You may have to recompile the cython module for the Hungarian algorithm by running
`cython -3 mine.pyx` and then
`g++ -shared -pthread -fPIC -fwrapv -O3 -Wall -fno-strict-aliasing -o mine.so mine.c`
in the `c_modules` directory.

# Running Experiments

Run with the `--use_wandb` flag to write results to a new weights and biases project.
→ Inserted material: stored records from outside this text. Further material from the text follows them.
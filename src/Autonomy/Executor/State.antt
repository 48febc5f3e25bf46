-- ===== src/Autonomy/Executor/State.antt =====
-- The objects that `ActionRuntime` owns, what it is given from outside, and the calls of its parts.
-- `W` is the world outside, with the clock, the controller's devices and the people in it.
use brainless_agent.Common.{
  ℕ, String, Bool, Option, none, some, List, [], ◌∷◌, ◌++◌, Result, ok, Error, Exec,
}
use brainless_agent.Common.Dict.{Dict}
use brainless_agent.Agents.Manager.{Manager}
use brainless_agent.Autonomy.Actions.{ComputerAction, ActionResult}
use brainless_agent.Autonomy.Gates.{AutonomyMode, ActionContract, RecoveryStrategy}
use brainless_agent.Autonomy.Governor.{AutonomyGovernor}
use brainless_agent.Autonomy.Proposals.{ActionProposal}
use brainless_agent.Autonomy.World.{Values, ComputerState, WorldSnapshot, capture}
use brainless_agent.Autonomy.World.Model.{WorldModel}
use brainless_agent.Autonomy.Locks.{Locks}

pub record AuditRecord (V : Type 0) : Type 0 where
  pub timestamp : ℕ
  pub agent_id : String
  pub parent_agent_id : Option String
  pub task_id : String
  pub action_id : String
  pub tool : String
  pub permission : String
  pub arguments : Dict V
  pub result : Option String
  pub error : Option String
  pub duration : ℕ
  pub policy_decision : String
  pub approval_status : String

pub record DecisionContext (V : Type 0) : Type 0 where
  pub agent_id : String
  pub task_id : String
  pub task : String
  pub state : Dict (Option V)
  pub previous : Option (ActionResult V)

-- A call of `store_task_journal`, less the details other than the action.
pub record JournalEntry : Type 0 where
  pub task_id : String
  pub event : String
  pub action_id : String

-- `journal` and `audit_store` are `none` where there is none, else the calls made so far.
-- `world_state` is the one of `model`.
pub record Runtime (W V : Type 0) : Type 0 where
  pub manager : Manager
  pub locks : Locks
  pub governor : AutonomyGovernor
  pub mode : AutonomyMode
  pub contracts : Dict (ActionContract V)
  pub resources : Dict (List String)
  pub model : WorldModel V
  pub completed : Dict (ActionResult V)
  pub audit : List (AuditRecord V)
  pub audit_store : Option (List (AuditRecord V))
  pub journal : Option (List JournalEntry)
  pub recovery_events : List (String × RecoveryStrategy)
  pub outside : W

-- What the runtime is given: the handlers of the tools, `handle_within` for a call that is cancelled
-- when so many seconds are over, the controller's `observe`, the clock, the approval handler, the
-- verifier, the decision provider, and the texts of exceptions and values. `redact` is that of
-- safety/redaction.py, and `new_id` is `uuid4`.
pub record Environment (W V : Type 0) : Type 0 where
  pub values : Values V
  pub as_text : V → String
  pub truthy : V → Bool
  pub handle : String → Dict V → W → Result V × W
  pub handle_within : ℕ → String → Dict V → W → Result V × W
  pub observe : W → Result (ComputerState V) × W
  pub clock : W → ℕ
  pub new_id : W → String
  pub approval_handler : Option (ComputerAction V → W → Result Bool × W)
  pub verifier : Dict V → ComputerState V → V → Bool
  pub next_action : DecisionContext V → W → Result (Option (ActionProposal V)) × W
  pub str : Error → String
  pub redact : V → V
  pub redact_text : String → String
  pub is_blank : String → Bool

-- A call that a log gets, where there is one.
abbrev pub appended : {A : Type 0} → A → Option (List A) → Option (List A)
appended entry none = none
appended entry (some entries) = some (entries ++ entry ∷ [])

module _ {W V : Type 0} where
  -- A call that goes outside.
  unfoldable pub outward : {A : Type 0} → (W → Result A × W) → Exec (Runtime W V) A
  outward f r = let (result, outside) = f r.outside in (result, record r { outside = outside })

  unfoldable pub on_manager : {A : Type 0} → Exec Manager A → Exec (Runtime W V) A
  on_manager f r = let (result, manager) = f r.manager in (result, record r { manager = manager })

  unfoldable pub on_governor : {A : Type 0} → Exec AutonomyGovernor A → Exec (Runtime W V) A
  on_governor f r =
      let (result, governor) = f r.governor in (result, record r { governor = governor })

  unfoldable pub on_model : {A : Type 0} → Exec (WorldModel V) A → Exec (Runtime W V) A
  on_model f r = let (result, model) = f r.model in (result, record r { model = model })

  -- `_journal`
  unfoldable pub write_journal : (task_id event action_id : String) → Runtime W V → Runtime W V
  write_journal task_id event action_id r = record r {
    journal =
        appended (record { task_id = task_id; event = event; action_id = action_id }) r.journal;
  }

-- `self.world_state.capture(...)` at the time that the clock shows
unfoldable pub capture_state :
    {W V : Type 0} (env : Environment W V) (source : String) (evidence : Option String)
    (state : ComputerState V)
    → Exec (Runtime W V) (WorldSnapshot V)
unfolding capture
capture_state env source evidence state r =
    let (shot, world) =
      capture env.values (env.clock r.outside) source evidence 1000000 state r.model.state in
    (ok shot, record r { model = record r.model { state = world } })

-- `try`, with the exception as the value.
unfoldable pub attempt : {S A : Type 0} → Exec S A → Exec S (Result A)
attempt f s = let (result, s') = f s in (ok result, s')
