-- ===== src/Autonomy/Executor/Checks.antt =====
-- The gates of `ActionRuntime.perform`, in the order of the code, up to the `try` around the locks.
use brainless_agent.Common.{
  String, concat, Bool, true, false, not, ◌||◌, ◌==◌, Option, none, some, contains, Result, ok,
  raise, Error, Exec, pure, throw, reads, ◌>>=◌, if◌then◌else◌, value_error, permission_denied,
  approval_needed, proposal_rejected,
}
use brainless_agent.Common.Dict.{get}
use brainless_agent.Safety.Permissions
use brainless_agent.Agents.Manager.{Manager}
use brainless_agent.Agents.Tools.{ToolSpec}
use brainless_agent.Autonomy.Actions.{ComputerAction, ErrorCode}
use brainless_agent.Autonomy.Gates.{ModeDecision, ActionContract, decision, validate_contract}
use brainless_agent.Autonomy.Governor.{GovernorDecision, evaluate, one}
use brainless_agent.Autonomy.World.{Values, getattr}
use brainless_agent.Autonomy.Executor.State.{Runtime, Environment, outward, attempt, capture_state}

-- How the gates end: refused, with the code, the error, and what the audit says of policy and
-- approval; or passed, with the last two.
pub data Verdict : Type 0 where
  refused : ErrorCode → (error policy approval : String) → Verdict
  passed : (policy approval : String) → Verdict

-- `_result` without its last arguments
abbrev pub plain : ErrorCode → String → Verdict
plain code error = refused code error "auto_approve" "not_required"

-- `getattr(state, key, None) == expected`
abbrev pub same_or_nothing : {V : Type 0} → Values V → Option V → V → Bool
same_or_nothing values none expected = values.same values.nothing expected
same_or_nothing values (some value) expected = values.same value expected

module _ {W V : Type 0} (env : Environment W V) (action : ComputerAction V) where
  -- The answer of the approval handler; `none` where there is no handler.
  unfoldable pub ask_handler :
      Option (ComputerAction V → W → Result Bool × W) → Exec (Runtime W V) (Option Bool)
  unfolding outward
  ask_handler none = pure none
  ask_handler (some handler) = do answer ← outward (handler action); pure (some answer)

  unfoldable pub ask : Exec (Runtime W V) (Option Bool)
  unfolding ask_handler
  ask = ask_handler env.approval_handler

  abbrev pub give_once : Manager → Manager
  give_once m = record m {
    policy = Permissions.approve_once action.agent_id action.permission m.policy;
  }

  -- The handler of `except ApprovalRequired`, by the answer.
  unfoldable pub approve_policy : Error → Option Bool → Exec (Runtime W V) Verdict
  approve_policy error none =
      pure (refused ErrorCode.approval_required (env.str error) "require_approval" "required")
  approve_policy error (some false) =
      pure (refused ErrorCode.policy_denied "Approval denied" "deny" "denied")
  approve_policy error (some true) =
      λ r. pure (passed "require_approval" "approved") (record r { manager = give_once r.manager })

  unfoldable pub after_policy :
      (policy approval : String) → Result (Unit {0}) → Exec (Runtime W V) Verdict
  unfolding ask approve_policy
  after_policy policy approval (ok u) = pure (passed policy approval)
  after_policy policy approval (raise (approval_needed a p reason)) = do
    answer ← ask
    approve_policy (approval_needed a p reason) answer
  after_policy policy approval (raise (permission_denied a p reason)) = pure (
      refused ErrorCode.policy_denied (env.str (permission_denied a p reason)) "deny"
        "not_required")
  after_policy policy approval (raise e) = throw e

  -- `self.manager.policy.check(...)` and its handlers
  unfoldable pub gate_policy : (policy approval : String) → Exec (Runtime W V) Verdict
  unfolding after_policy
  gate_policy policy approval r =
      let (result, checked) =
        Permissions.check action.agent_id action.permission r.manager.policy in
      after_policy policy approval result
        (record r { manager = record r.manager { policy = checked } })

  -- Observe, and `contract.validate`.
  unfoldable pub try_contract : ActionContract V → Exec (Runtime W V) Unit
  unfolding outward capture_state
  try_contract contract = do
    state ← outward env.observe
    shot ← capture_state env "precondition" none state
    reads (λ r.
        validate_contract (same_or_nothing env.values) (getattr env.values state) contract
          action.permission)

  unfoldable pub after_contract :
      (policy approval : String) → Result (Unit {0}) → Exec (Runtime W V) Verdict
  unfolding gate_policy
  after_contract policy approval (ok u) = gate_policy policy approval
  after_contract policy approval (raise (value_error text)) =
      pure (plain ErrorCode.invalid_argument (env.str (value_error text)))
  after_contract policy approval (raise (proposal_rejected text)) =
      pure (plain ErrorCode.invalid_argument (env.str (proposal_rejected text)))
  after_contract policy approval (raise e) = throw e

  abbrev pub breaks_contract : ActionContract V → Bool
  breaks_contract contract =
      not (contract.tool == action.action_type)
      || not (contains action.permission contract.required_permissions)

  unfoldable pub with_contract :
      (policy approval : String) → Option (ActionContract V) → Exec (Runtime W V) Verdict
  unfolding try_contract after_contract attempt
  with_contract policy approval none = gate_policy policy approval
  with_contract policy approval (some contract) =
      if breaks_contract contract
      then pure (plain ErrorCode.invalid_argument "Action violates its registered contract")
      else attempt (try_contract contract) >>= after_contract policy approval

  unfoldable pub gate_contract : (policy approval : String) → Exec (Runtime W V) Verdict
  unfolding with_contract
  gate_contract policy approval r =
      with_contract policy approval (get action.action_type r.contracts) r

  unfoldable pub after_mode : Option Bool → Exec (Runtime W V) Verdict
  unfolding gate_contract
  after_mode none = pure (
      refused ErrorCode.approval_required "Autonomy mode requires approval" "mode_approval"
        "required")
  after_mode (some false) = pure (refused ErrorCode.policy_denied "Approval denied" "deny" "denied")
  after_mode (some true) = gate_contract "mode_approval" "approved"

  unfoldable pub gate_mode : ModeDecision → Exec (Runtime W V) Verdict
  unfolding ask after_mode
  gate_mode ModeDecision.deny = pure (
      refused ErrorCode.policy_denied "Autonomy mode forbids this action" "mode_deny"
        "not_required")
  gate_mode ModeDecision.approval = ask >>= after_mode
  gate_mode ModeDecision.allow = gate_contract "auto_approve" "not_required"

  -- What follows `self.governor.evaluate(action, tool)`, by its decision.
  unfoldable pub after_governor :
      ToolSpec → (reason : String) → GovernorDecision → Exec (Runtime W V) Verdict
  unfolding gate_mode
  after_governor tool reason GovernorDecision.deny =
      pure (refused ErrorCode.policy_denied reason (concat "governor:" reason) "not_required")
  after_governor tool reason GovernorDecision.approval = gate_mode ModeDecision.approval
  after_governor tool reason GovernorDecision.allow = λ r. gate_mode (decision r.mode tool) r

  unfoldable pub gate_tool : Option ToolSpec → Exec (Runtime W V) Verdict
  unfolding after_governor
  gate_tool none = pure (plain ErrorCode.tool_not_found "Tool is not registered")
  gate_tool (some tool) =
      if contains action.permission tool.required_permissions
      then (do
        governed ← reads (λ r. evaluate action tool one r.governor)
        after_governor tool governed.reason governed.decision)
      else pure
          (plain ErrorCode.invalid_argument "Action permission does not match registered tool")

  unfoldable pub gates : Exec (Runtime W V) Verdict
  unfolding gate_tool
  gates r = gate_tool (get action.action_type r.manager.tools) r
Otherwise, the results will be printed to stout.In `utils.py` you may need to uncomment line 11 and replace your path to the `Rscript` binary

To run BCD Nets and GOLEM experiments in figure 1, for one random seed use arguments such as
`python main.py -s 0 --n_data 100 --dim 32 --degree 1 --num_steps 30000 --do_ev_noise --sem_type linear-gauss --batch_size 256 --print_golem_solution --degree 1`

To run the baselines, run
`python main.py --eval_eid --run_baselines --n_data 100 --dim 32 --sem_type linear-gauss --only_baselines --degree 2 --do_ev_noise --n_baseline_seeds 3`

To run GOLEM, run
`python main.py --eval_eid --print_golem_solution --n_data 100 --dim 32 --sem_type linear-gauss --degree 2 --do_ev_noise --num_steps 10`

To run on the Sachs dataset, include the `--use_sachs` flag.